Technical Validation
The Bayesian network generating the fully synthetic data ensures that covariance between
different variables are preserved. To validate that, indeed, dependencies are still
present in the fully synthetic data-set we computed statistics from both the acoustic
variables (only the full-bandwidth variables were selected) and the “Timestamp” variable
(see Figure 1).
Figure 1
Scatterplot matrix (panels below the diagonal), density plots (panels in the diagonal),
and correlation matrix (panels above the diagonal) of the full-bandwidth acoustic
variables (A) and a stacked histogram of the “Timestamp” variable (B). Data in both
(A,B) are grouped and colored by the classified sound environment by the variable
“SoundClass.” SPL, Sound pressure level; Nf, Noise floor; ME, Modulation envelope;
SNR, Signal-to-noise ratio; MI, Modulation index.
Acoustic Variables
According to the hearing aids' estimation of the acoustic variables (see section Acquisition
of Acoustic Variables), we would expect certain dependencies in the synthesized data.
For example, the estimated noise floor (fbNf) should ideally always be lower than
the estimated modulation envelope (fbME). The correlation matrix of the full bandwidth
acoustic variables and their classification into the four discrete environments by
color (“SoundClass”) are shown in Figure 1A. As expected, the noise floor is almost
always lower than the modulation envelope (expect for a few outliers, see row 3, column
2 in Figure 1A). The outliers that do not follow the expected pattern are not generated
by the synthesization process but instead reflects noise in the hearing aids' estimation
method (outliers are also present in the source data). The color-coding indicates
that clustering of the sound environment depends on more than one acoustic parameter.
For example, in Figure 1A (panel in row 3, column 2), the environment is dominantly
classified as “Quiet” for low levels of noise floor and modulation envelope. But as
the modulation envelope passes ~60 dB the environment changes to either “Speech” or
“Speech in Noise” despite no changes in the noise floor. This 3rd order dependency
further validates that the data synthesization process preserves structural dependencies
in the source data.
Timestamps
Each observation in the data-set is associated with a timestamp.

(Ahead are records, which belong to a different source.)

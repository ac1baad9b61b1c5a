-- ===== src/Context.antt =====
-- context.go: identifiers, responses, and the guard that lets one reply through.
pub mod Replies
use go_reverse_rpc.Errors.{Error, Result}
use go_reverse_rpc.Base.{
  ℕ, ℤ, pos, Bool, true, false, Option, none, some, List, [], ◌∷◌, ◌++◌, if◌then◌else◌, ◌==◌,
  bytes_eq, Bytes, lit, format_uint,
}

-- constants.go
abbrev pub status_ok : ℤ
status_ok = pos 200

abbrev pub status_client_error : ℤ
status_client_error = pos 400

abbrev pub status_request_timeout : ℤ
status_request_timeout = pos 408

abbrev pub status_too_fraquently : ℤ
status_too_fraquently = pos 429

abbrev pub status_server_error : ℤ
status_server_error = pos 500

abbrev pub default_qos : ℕ
default_qos = 0

pub record Identifier : Type 0 where
  pub num : ℕ
  pub str : Bytes

-- `func (id *ID) String()`
unfoldable pub id_string : Identifier → Bytes
unfolding format_uint
id_string id = if id.str == [] then format_uint id.num else id.str

-- `R` is what stands for `interface{}`, the results of handlers.
pub record Response (R : Type 0) : Type 0 where
  pub result : Option R
  pub error : Option Error
  pub status : ℤ

-- What a Go call does: it returns, or it panics with a value that prints as the text.
pub data Outcome (A : Type 0) : Type 0 where
  returned : A → Outcome A
  panicked : Bytes → Outcome A

-- The interface that each transport implements, less `Ctx`. `none` is the nil `*Response`. `bind`
-- gives the bytes that its target is filled from.
pub record ChildContext (R : Type 0) : Type 0 where
  pub id : Identifier
  pub method : Bytes
  pub reply_desc : Bytes
  pub bind : R → Outcome (Result (Option Bytes))
  pub reply : Option (Response R) → Outcome Bool

-- `sent` records the calls of `childCtx.Reply`, the latest first; all else is the Go struct.
pub record RequestContext (R : Type 0) : Type 0 where
  pub res : Option (Response R)
  pub replyed : Bool
  pub child : ChildContext R
  pub sent : List (Option (Response R))

-- `Ctx`, of what the transport's `Ctx` gives, which may be nil.
unfoldable pub request_ctx : {C : Type 0} → C → Option C → C
request_ctx background none = background
request_ctx background (some ctx) = ctx

module _ {R : Type 0} where
  unfoldable pub new_request_context : ChildContext R → RequestContext R
  new_request_context child = record { res = none; replyed = false; child = child; sent = [] }

  -- `ID`
  unfoldable pub request_id : RequestContext R → Identifier
  request_id c = c.child.id

  -- `Method`
  unfoldable pub request_method : RequestContext R → Bytes
  request_method c = c.child.method

  -- `ReplyDesc`
  unfoldable pub reply_desc : RequestContext R → Bytes
  reply_desc c = c.child.reply_desc

  -- `Bind`
  unfoldable pub bind : R → RequestContext R → Outcome (Result (Option Bytes))
  bind target c = c.child.bind target

  -- `c.replyed.CompareAndSwap(false, true)`
  unfoldable pub compare_and_swap : RequestContext R → RequestContext R × Bool
  compare_and_swap c = if c.replyed then (c, false) else (record c { replyed = true }, true)

  unfoldable pub set_response : Option (Response R) → RequestContext R → RequestContext R
  set_response res c = record c { res = res }

  unfoldable pub get_response : RequestContext R → Option (Response R)
  get_response c = c.res

  -- `c.childCtx.Reply(res)`
  unfoldable pub send : Option (Response R) → RequestContext R → RequestContext R × Outcome Bool
  send res c = (record c { sent = res ∷ c.sent }, c.child.reply res)

  unfoldable pub reply : Option (Response R) → RequestContext R → RequestContext R × Outcome Bool
  unfolding compare_and_swap set_response send
  reply res c =
      let (c', won) = compare_and_swap c in
      if won then send res (set_response res c') else (c', returned false)

  abbrev pub ok_response : Option R → Response R
  ok_response value = record { result = value; error = none; status = status_ok }

  abbrev pub error_response : ℤ → Error → Response R
  error_response status err = record { result = none; error = some err; status = status }

  unfoldable pub reply_ok : Option R → RequestContext R → RequestContext R × Outcome Bool
  unfolding reply
  reply_ok value c = reply (some (ok_response value)) c

  unfoldable pub reply_error : ℤ → Error → RequestContext R → RequestContext R × Outcome Bool
  unfolding reply
  reply_error status err c = reply (some (error_response status err)) c
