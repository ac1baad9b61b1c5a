-- ===== src/Context/Replies.antt =====
-- The at-most-once guard of `RequestContext.Reply`, for calls that run one after the other.
use go_reverse_rpc.Base.{◌≡◌, refl, Bool, true, false, Option, none, List, [], ◌∷◌, arith}
use go_reverse_rpc.Context.{
  Response, Outcome, returned, ChildContext, RequestContext, new_request_context, reply,
  get_response,
}

module _ {R : Type 0} where
  -- Between two calls: nothing was sent before the flag is up, and one response after.
  abbrev IsSettled : Bool → Option (Response R) → List (Option (Response R)) → Type 0
  IsSettled false res sent = (res ≡ none) × (sent ≡ [])
  IsSettled true res sent = sent ≡ res ∷ []

  abbrev pub IsValid : RequestContext R → Type 0
  IsValid c = IsSettled c.replyed c.res c.sent

  new-IsValid : (child : ChildContext R) → IsValid (new_request_context child)
  unfolding new_request_context
  new-IsValid child = (refl, refl)

  pub reply-IsValid :
      (res : Option (Response R)) (c : RequestContext R) → IsValid c → IsValid (reply res c).0
  unfolding reply
  reply-IsValid res c v = ground arith

  -- Several replies in a row, with the answers that the callers get.
  pub reply_all :
      List (Option (Response R)) → RequestContext R → RequestContext R × List (Outcome Bool)
  reply_all [] c = (c, [])
  reply_all (r ∷ rs) c =
      let (c', won) = reply r c in let (c'', wons) = reply_all rs c' in (c'', won ∷ wons)

  abbrev pub all_false : List (Option (Response R)) → List (Outcome Bool)
  all_false [] = []
  all_false (r ∷ rs) = returned false ∷ all_false rs

  reply_all-replyed :
      (rs : List (Option (Response R))) (c : RequestContext R)
      → c.replyed ≡ true
      → reply_all rs c ≡ (c, all_false rs)
  unfolding reply_all reply
  reply_all-replyed [] c h = refl
  reply_all-replyed (r ∷ rs) c h = ground (arith, reply_all-replyed rs c h)

  -- On a fresh context the first of any row of replies is sent and kept as the response, the first
  -- caller gets the transport's answer, and every later caller gets `false`.
  pub reply_all_first :
      (child : ChildContext R) (r : Option (Response R)) (rs : List (Option (Response R)))
      → let (c, answers) = reply_all (r ∷ rs) (new_request_context child) in
        (c.sent ≡ r ∷ []) × (get_response c ≡ r) × (answers ≡ child.reply r ∷ all_false rs)
  unfolding reply_all reply new_request_context get_response
  reply_all_first child r rs =
      let first = (reply r (new_request_context child)).0 in
      ground (arith, reply_all-replyed rs first)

Thus, we can aggregate
the timestamps to test the hypothesis that hearing aid usage is not uniformly distributed
throughout the day and, from this, validate that the data synthesization process preserves
the distributional statistics of the “Timestamp” variable. Figure 1B shows the histogram
of timestamps binned by hour from 0 to 23. Most timestamps fall between 5 a.m. and
9 p.m. (usual awake hours) with peaks around noon and evening (6 p.m.). In addition,
most data are logged in “Quiet” or “Speech” environments, which reflects what is reported
in the literature (Humes et al., 2018). Thus, the distribution of timestamps and the
dependency between timestamps and the sound environment both exhibit characteristics
expected from real life use of hearing aids.
Conclusion
We present a synthesized data-set containing longitudinal observations of hearing
aid use and associated sound environments. The data represent real life behavior of
individuals with hearing loss wearing hearing aids. The underlying reason for sharing
these data is to motivate the use of such data for public health policy modeling—that
is, identifying which models derive useful “high-level” information and insights from
such “low-level” data observations in the field of hearing healthcare.
Data Availability
All datasets generated for this study are included in the manuscript/supplementary
files.
Author Contributions
JC wrote the text, analyzed and synthesized the data-set, and prepared the figures.
NP co-authored the text. RR, D-EB, LM, TB, DK, and AE recruited the participants.
MA, GS, ND, and GG fascilitated the datalogging by technical developments.
Conflict of Interest Statement
The authors declare that the research was conducted in the absence of any commercial
or financial relationships that could be construed as a potential conflict of interest.